David Lorich of Buffalo, N.Y., cares about his teeth. Some might even call it a passion.
Since the 40-year-old's braces were removed in high school, he has maintained a three-toothbrushings-per-day ritual. When it became clear that flossing could help his dental health, he took that up too.
Little surprise, then, that he ended up marrying a dental hygienist.
"It works out well," Lorich says. "She doesn't like kissing me if I have dirty teeth."
But Lorich also does something for his dental health that has not yet specifically found its way into the American Dental Association's guidelines. That is, he rinses with an antibacterial mouthwash once a day.
"You only have to rinse for 30 seconds," he says. "The brushing takes longer than the rinsing."
And though this step has still not attained the same respect accorded to brushing and flossing, recent moves by the ADA to boost awareness of antibacterial mouthwashes suggest that perhaps more Americans should be following Lorich's lead.
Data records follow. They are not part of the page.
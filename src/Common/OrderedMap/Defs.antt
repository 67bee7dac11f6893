-- ===== src/Common/OrderedMap/Defs.antt =====
-- What the program uses of `std::map` and its iterators; an iterator is the key that it stands at,
-- `none` for `end()`.
use Prim.Native.Nat.{ℕ, suc, ◌+◌, ◌≤◌}
use mathlib.Core.Option.{Option, none, some}
use mathlib.Core.List.{List, [], ◌∷◌}
use my_git_hub.Common.Tests.{ltb, ◌==◌, if◌then◌else◌}

abbrev pub OrderedMap {ℓ} : Type ℓ → Type ℓ
OrderedMap V = List (ℕ × V)

module _ {ℓ} {V : Type ℓ} where
  unfoldable pub find : ℕ → OrderedMap V → Option V
  find i [] = none
  find i ((k, v) ∷ m) = if ltb i k then none else if i == k then some v else find i m

  -- `m[i]`, made from `d` where it is missing, then changed by `f`
  unfoldable pub update : ℕ → (V → V) → V → OrderedMap V → OrderedMap V
  update i f d [] = (i, f d) ∷ []
  update i f d ((k, v) ∷ m) =
      if ltb i k
      then (i, f d) ∷ (k, v) ∷ m
      else if i == k
      then (k, f v) ∷ m
      else (k, v) ∷ update i f d m

  unfoldable pub erase : ℕ → OrderedMap V → OrderedMap V
  erase i [] = []
  erase i ((k, v) ∷ m) = if ltb i k then (k, v) ∷ m else if i == k then m else (k, v) ∷ erase i m

  -- `begin()`
  abbrev pub first_key : OrderedMap V → Option ℕ
  first_key [] = none
  first_key ((k, v) ∷ m) = some k

  -- where `++` takes an iterator at `i`
  unfoldable pub next_key : ℕ → OrderedMap V → Option ℕ
  next_key i [] = none
  next_key i ((k, v) ∷ m) = if ltb i k then some k else next_key i m

  -- `rbegin()`
  unfoldable pub last_entry : OrderedMap V → Option (ℕ × V)
  last_entry [] = none
  last_entry ((k, v) ∷ []) = some (k, v)
  last_entry ((k, v) ∷ e ∷ m) = last_entry (e ∷ m)

  -- Keys rise strictly, from `b` on.
  abbrev pub SortedFrom : ℕ → OrderedMap V → Type 0
  SortedFrom b [] = Unit {0}
  SortedFrom b ((k, v) ∷ m) = (b ≤ k) × SortedFrom (suc k) m

  abbrev pub IsSorted : OrderedMap V → Type 0
  IsSorted m = SortedFrom 0 m

  -- A loop over all the entries that changes the values in place.
  unfoldable pub map_values : (ℕ → V → V) → OrderedMap V → OrderedMap V
  map_values f [] = []
  map_values f ((k, v) ∷ m) = (k, f k v) ∷ map_values f m

  abbrev pub AllValues {κ} : (V → Type κ) → OrderedMap V → Type κ
  AllValues P [] = Unit
  AllValues P ((k, v) ∷ m) = P v × AllValues P m

  abbrev pub key_sum : OrderedMap V → ℕ
  key_sum [] = 0
  key_sum ((k, v) ∷ m) = k + key_sum m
Brush, Floss ... and Rinse?
First, all you've heard from your dentist is brush your teeth every morning and night. More recently, of course, the message from the ADA has changed to brush and floss.
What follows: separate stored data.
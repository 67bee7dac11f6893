-- ===== src/Common/OrderedMap/Laws.antt =====
-- The laws of the map operations.
use Prim.Native.Nat.{ℕ, suc, ◌≤◌, ◌<◌}
use mathlib.Core.Path.{◌≡◌, refl}
use mathlib.Core.Bool.{true, false}
use mathlib.Core.Logic.{◌≢◌, ◌⊎◌}
use mathlib.Core.Option.{none, some}
use mathlib.Core.List.{[], ◌∷◌}
use native.Mathlib.Omega.{arith}
use my_git_hub.Common.Tests.{ltb, ◌==◌, if◌then◌else◌}
use my_git_hub.Common.Lists.{get_or, is_some}
use my_git_hub.Common.OrderedMap.Defs.{OrderedMap, find, update, erase, next_key, SortedFrom}

module _ {ℓ} {V : Type ℓ} where
  pub find_below : (b i : ℕ) (m : OrderedMap V) → SortedFrom b m → i < b → find i m ≡ none
  unfolding find
  find_below b i [] s h = refl
  find_below b i ((k, v) ∷ m) s h = ground arith

  pub SortedFrom-mono : (a b : ℕ) (m : OrderedMap V) → a ≤ b → SortedFrom b m → SortedFrom a m
  SortedFrom-mono a b [] h s = tt
  SortedFrom-mono a b ((k, v) ∷ m) h s = (omega arith, s.1)

  pub find-update :
      (j i : ℕ) (f : V → V) (d : V) (m : OrderedMap V)
      → find j (update i f d m) ≡ (if j == i then some (f (get_or (find i m) d)) else find j m)
  unfolding find update
  find-update j i f d [] = ground arith
  find-update j i f d ((k, v) ∷ m) = ground (arith, find-update j i f d m)

  pub find-erase :
      (b j i : ℕ) (m : OrderedMap V)
      → SortedFrom b m
      → find j (erase i m) ≡ (if j == i then none else find j m)
  unfolding find erase
  find-erase b j i [] s = ground arith
  find-erase b j i ((k, v) ∷ m) s =
      ground (arith, find-erase (suc k) j i m s.1, find_below (suc k) j m s.1)

  pub update-SortedFrom :
      (b i : ℕ) (f : V → V) (d : V) (m : OrderedMap V)
      → b ≤ i
      → SortedFrom b m
      → SortedFrom b (update i f d m)
  unfolding update
  update-SortedFrom b i f d [] h s = (h, tt)
  update-SortedFrom b i f d ((k, v) ∷ m) h s = ground (arith, update-SortedFrom (suc k) i f d m)

  pub erase-SortedFrom : (b i : ℕ) (m : OrderedMap V) → SortedFrom b m → SortedFrom b (erase i m)
  unfolding erase
  erase-SortedFrom b i [] s = tt
  erase-SortedFrom b i ((k, v) ∷ m) s =
      ground (arith, erase-SortedFrom (suc k) i m s.1, SortedFrom-mono b (suc k) m)

  pub has_key-update :
      (j i : ℕ) (f : V → V) (d : V) (m : OrderedMap V)
      → (find j m ≢ none) ⊎ (j ≡ i)
      → is_some (find j (update i f d m)) ≡ true
  has_key-update j i f d m h = ground (arith, find-update j i f d m)

  -- Where `++` goes, there is an entry, and it lies behind.
  pub next_key-has_key :
      (b i : ℕ) (m : OrderedMap V) {j : ℕ}
      → SortedFrom b m
      → next_key i m ≡ some j
      → (is_some (find j m) ≡ true) × (i < j)
  unfolding find next_key
  next_key-has_key b i [] s e = cc
  next_key-has_key b i ((k, v) ∷ m) {j} s e =
      ground (arith, next_key-has_key (suc k) i m {j = j} s.1, find_below (suc k) j m s.1)

  pub next_key-erase :
      (b i : ℕ) (m : OrderedMap V) → SortedFrom b m → next_key i (erase i m) ≡ next_key i m
  unfolding next_key erase
  next_key-erase b i [] s = refl
  next_key-erase b i ((k, v) ∷ m) s = ground (arith, next_key-erase (suc k) i m s.1)

  find-above : (b i : ℕ) (m : OrderedMap V) {v : V} → SortedFrom b m → find i m ≡ some v → b ≤ i
  unfolding find
  find-above b i [] s e = cc
  find-above b i ((k, w) ∷ m) {v} s e = ground (arith, find-above (suc k) i m {v = v} s.1)

  -- An entry behind the first one.
  pub find-cons :
      (i k : ℕ) (w : V) (m : OrderedMap V) {v : V}
      → SortedFrom (suc k) m
      → find i m ≡ some v
      → find i ((k, w) ∷ m) ≡ some v
  unfolding find
  find-cons i k w m s e =
      let lt : k < i = find-above (suc k) i m s e in
      let below : ltb i k ≡ false = ground arith in
      let other : (i == k) ≡ false = ground arith in rw (below, other) e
Cliff Whall, director of the ADA Seal of Acceptance program, agrees that adding "rinse" to the mantra would probably be a good move for most everyone as well, as antimicrobial mouthwashes have been shown in clinical studies to prevent the gum disease gingivitis, an inflammation of the gums caused by the accumulation of plaque along the gum line.
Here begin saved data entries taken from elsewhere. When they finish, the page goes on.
-- ===== src/Common/OrderedMap/Values.antt =====
-- Laws on the values of a map, its last entry and the sum of its keys.
use Prim.Native.Nat.{ℕ, suc, ◌≤◌, ◌<◌, ◌+◌}
use mathlib.Core.Path.{◌≡◌, refl}
use mathlib.Core.Bool.{false}
use mathlib.Core.Option.{Option, none, some}
use mathlib.Core.Option
use mathlib.Core.List.{[], ◌∷◌}
use native.Mathlib.Omega.{arith}
use my_git_hub.Common.Tests.{if◌then◌else◌}
use my_git_hub.Common.Lists.{is_some, is_empty}
use my_git_hub.Common.OrderedMap.Defs.{
  OrderedMap, find, update, erase, last_entry, map_values, SortedFrom, AllValues, key_sum,
}

module _ {ℓ κ} {V : Type ℓ} (P : V → Type κ) where
  pub AllValues-find : (i : ℕ) (m : OrderedMap V) {v : V} → AllValues P m → find i m ≡ some v → P v
  unfolding find
  AllValues-find i [] a e = cc
  AllValues-find i ((k, w) ∷ m) {v} a e = ground (arith, AllValues-find i m {v = v} a.1)

  pub update-AllValues :
      (i : ℕ) (f : V → V) (d : V) (m : OrderedMap V)
      → P (f d)
      → ((v : V) → P v → P (f v))
      → AllValues P m
      → AllValues P (update i f d m)
  unfolding update
  update-AllValues i f d [] h g a = (h, tt)
  update-AllValues i f d ((k, v) ∷ m) h g a = ground (arith, g v, update-AllValues i f d m h g a.1)

  -- Where the key is new, only the default is changed.
  pub update-AllValues_new :
      (i : ℕ) (f : V → V) (d : V) (m : OrderedMap V)
      → find i m ≡ none
      → P (f d)
      → AllValues P m
      → AllValues P (update i f d m)
  unfolding update find
  update-AllValues_new i f d [] e h a = (h, tt)
  update-AllValues_new i f d ((k, v) ∷ m) e h a =
      ground (arith, λ (x : find i m ≡ none). update-AllValues_new i f d m x h a.1)

  pub erase-AllValues : (i : ℕ) (m : OrderedMap V) → AllValues P m → AllValues P (erase i m)
  unfolding erase
  erase-AllValues i [] a = tt
  erase-AllValues i ((k, v) ∷ m) a = ground (arith, erase-AllValues i m a.1)

  pub map_values-AllValues :
      (f : ℕ → V → V) (m : OrderedMap V)
      → ((k : ℕ) (v : V) → P v → P (f k v))
      → AllValues P m
      → AllValues P (map_values f m)
  unfolding map_values
  map_values-AllValues f [] h a = tt
  map_values-AllValues f ((k, v) ∷ m) h a = (h k v a.0, map_values-AllValues f m h a.1)

module _ {ℓ} {V : Type ℓ} where
  pub find-map_values :
      (f : ℕ → V → V) (i : ℕ) (m : OrderedMap V)
      → find i (map_values f m) ≡ Option.map (f i) (find i m)
  unfolding find map_values
  find-map_values f i [] = refl
  find-map_values f i ((k, v) ∷ m) = ground (arith, find-map_values f i m)

  pub map_values-SortedFrom :
      (f : ℕ → V → V) (b : ℕ) (m : OrderedMap V) → SortedFrom b m → SortedFrom b (map_values f m)
  unfolding map_values
  map_values-SortedFrom f b [] s = tt
  map_values-SortedFrom f b ((k, v) ∷ m) s = (s.0, map_values-SortedFrom f (suc k) m s.1)

  pub key_sum-map_values : (f : ℕ → V → V) (m : OrderedMap V) → key_sum (map_values f m) ≡ key_sum m
  unfolding map_values
  key_sum-map_values f [] = refl
  key_sum-map_values f ((k, v) ∷ m) = omega (arith, key_sum-map_values f m)

  pub update-update :
      (i : ℕ) (f g : V → V) (d : V) (m : OrderedMap V)
      → update i g d (update i f d m) ≡ update i (λ v. g (f v)) d m
  unfolding update
  update-update i f g d [] = ground arith
  update-update i f g d ((k, v) ∷ m) = ground (arith, update-update i f g d m)

  pub is_empty-update :
      (i : ℕ) (f : V → V) (d : V) (m : OrderedMap V) → is_empty (update i f d m) ≡ false
  unfolding update
  is_empty-update i f d [] = refl
  is_empty-update i f d ((k, v) ∷ m) = ground arith

  pub key_sum-erase :
      (i : ℕ) (m : OrderedMap V)
      → key_sum (erase i m) + (if is_some (find i m) then i else 0) ≡ key_sum m
  unfolding erase find
  key_sum-erase i [] = refl
  key_sum-erase i ((k, v) ∷ m) = ground (arith, key_sum-erase i m)

  pub key_sum-update :
      (i : ℕ) (f : V → V) (d : V) (m : OrderedMap V)
      → key_sum (update i f d m) ≡ key_sum m + (if is_some (find i m) then 0 else i)
  unfolding update find
  key_sum-update i f d [] = ground arith
  key_sum-update i f d ((k, v) ∷ m) = ground (arith, key_sum-update i f d m)

  -- `rbegin()` stands at the greatest key.
  pub last_entry_lem :
      (b : ℕ) (e : ℕ × V) (m : OrderedMap V)
      → SortedFrom b (e ∷ m)
      → (i : ℕ) × (v : V) × (last_entry (e ∷ m) ≡ some (i, v))
        × (find i (e ∷ m) ≡ some v)
        × ((j : ℕ) → i < j → find j (e ∷ m) ≡ none)
        × (b ≤ i)
  unfolding last_entry find
  last_entry_lem b (k, v) [] s = (k, v, refl, ground arith, λ j h. ground arith, s.0)
  last_entry_lem b (k, v) (e ∷ m) s =
      let (i, w, h₁, h₂, h₃, h₄) = last_entry_lem (suc k) e m s.1 in
      (i, w, h₁, ground arith, λ j h. ground (arith, h₃ j), omega (arith, s.0))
Whall says dozens of antimicrobial rinses, like Listerine and the prescription mouthwash Peridex (also known by the generic name chlorhexidine), have carried the ADA Seal of Acceptance for two decades now for this very reason. Many rinses containing the tooth-strengthening chemical fluoride have also garnered this seal.
"The council came to the conclusion that putting more information out would be beneficial, as the message just hasn't gotten out there as much as it has with fluoride toothpaste."
Maria Lopez Howell, consumer adviser for the ADA and a dentist in private practice near San Antonio, Texas, says the additional information has huge potential benefits for the public.
"Patients are always asking about whether they should be doing anything else to improve their dental health," she says. "To have that in our bag of tools that we use to help people is really great."
As yet, however, Whall says formal recommendations have not made room for the formal "recommended" status, even as growing evidence has supported the role of antibacterial mouthwash in oral health.
For example, a December 2002 article in the American Journal of Dentistry suggested that in combination with brushing, rinsing with an antimicrobial mouth rinse is actually more effective than flossing when it comes to preventing gingivitis.
Follow-up studies published in the Journal of the American Dental association in 2003 and 2004 further solidify the effectiveness of adding antimicrobial mouth rinses to the medicine cabinet.
But, Whall notes, "Just because these studies are published doesn't mean it meets all the criteria for recommendation."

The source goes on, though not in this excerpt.